Packages are the means by which Serviceguard starts and halts configured applications. Failover packages are also units of failover behavior in Serviceguard. A package is a collection of services, disk volumes and IP addresses that are managed by Serviceguard to ensure they are available. There can be a maximum of 150 packages per cluster and a total of 900 services per cluster.

What Makes a Package Run?

There are 3 types of packages:

  • The failover package is the most common type of package. It runs on one node at a time. If a failure occurs, it can switch to another node listed in its configuration file. If switching is enabled for several nodes, the package manager will use the failover policy to determine where to start the package.

  • A system multi-node package runs on all the active cluster nodes at the same time. It can be started or halted on all nodes, but not on individual nodes.
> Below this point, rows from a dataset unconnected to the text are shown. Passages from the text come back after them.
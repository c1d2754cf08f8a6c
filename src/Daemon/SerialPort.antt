-- ===== src/Daemon/SerialPort.antt =====
-- internal/daemon/serial_port.go: the port that both bridges hold, as a state machine. What the
-- operating system answers to an attempt to open the device is an argument.
pub mod Reconnection
use devagent.Base.{ℤ, pos, String, Bool, true, false, List, [], ◌∷◌, str_eq, if◌then◌else◌}

-- `has_port` tells whether `port` is not nil.
pub record SerialPort : Type 0 where
  pub has_port : Bool
  pub channel : String
  pub baudrate : ℤ
  pub connected : Bool

abbrev pub new_serial_port : SerialPort
new_serial_port = record { has_port = false; channel = ""; baudrate = pos 0; connected = false }

-- `goserial.Open` and then `SetReadTimeout`.
pub data OpenResult : Type 0 where
  opened open_failed timeout_failed : OpenResult

-- The second component tells whether there was no error.
unfoldable pub open_port : String → ℤ → OpenResult → SerialPort → SerialPort × Bool
open_port channel baudrate opened sp =
    (record { has_port = true; channel = channel; baudrate = baudrate; connected = true }, true)
open_port channel baudrate open_failed sp = (sp, false)
open_port channel baudrate timeout_failed sp = (sp, false)

unfoldable pub close : SerialPort → SerialPort
close sp = record sp { connected = false }

unfoldable pub is_connected : SerialPort → Bool
is_connected sp = sp.connected

unfoldable pub reopen : OpenResult → SerialPort → SerialPort × Bool
reopen opened sp = (record sp { has_port = true; connected = true }, true)
reopen open_failed sp = (record sp { connected = false }, false)
reopen timeout_failed sp = (record sp { connected = false }, false)

unfoldable pub reconnect : OpenResult → SerialPort → SerialPort × Bool
unfolding reopen
reconnect result sp =
    if str_eq sp.channel "" then (record sp { connected = false }, false) else reopen result sp

-- The ticks of `startSerialReconnect`, with the answers that the system would give: a port that is
-- connected is left alone.
unfoldable pub tick : OpenResult → SerialPort → SerialPort
unfolding reconnect is_connected
tick result sp = if is_connected sp then sp else (reconnect result sp).0

unfoldable pub ticks : List OpenResult → SerialPort → SerialPort
unfolding tick
ticks [] sp = sp
ticks (result ∷ results) sp = ticks results (tick result sp)
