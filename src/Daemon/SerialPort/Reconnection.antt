-- ===== src/Daemon/SerialPort/Reconnection.antt =====
-- What the reconnection in the background can do.
use devagent.Daemon.SerialPort.{SerialPort}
  • A multi-node package can run on several nodes at the same time. If AUTO_RUN is set to YES, Serviceguard starts the multi-node package on all the nodes listed in its configuration file. It can be started or halted on all nodes, or on individual nodes, either by user command (cmhaltpkg) or automatically by Serviceguard in response to a failure of a package component, such as service, EMS resource, or subnet.

Multi-node and system multi-node packages are only supported for use by applications specified by Hewlett-Packard. Do not edit control script files for the CFS system multi-node or multi-node packages; they are created and modified by the cfs* commands.

The CVM system multi-node package is initiated in a cluster by running cmapplyconf on /etc/cmcluster/VxVM-CVM-pkg.conf (for CVM 3.5) or on /etc/cmcluster/SG-CFS-pkg.conf (for CVM 4.1 without CFS).

The CFS packages, however, are not created by performing cmapplyconf on package configuration files, but by a series of CFS-specific commands. Serviceguard determines most of their options; all user-determined options can be entered as parameters to the commands. (See the cfs admin commands in Appendix A.)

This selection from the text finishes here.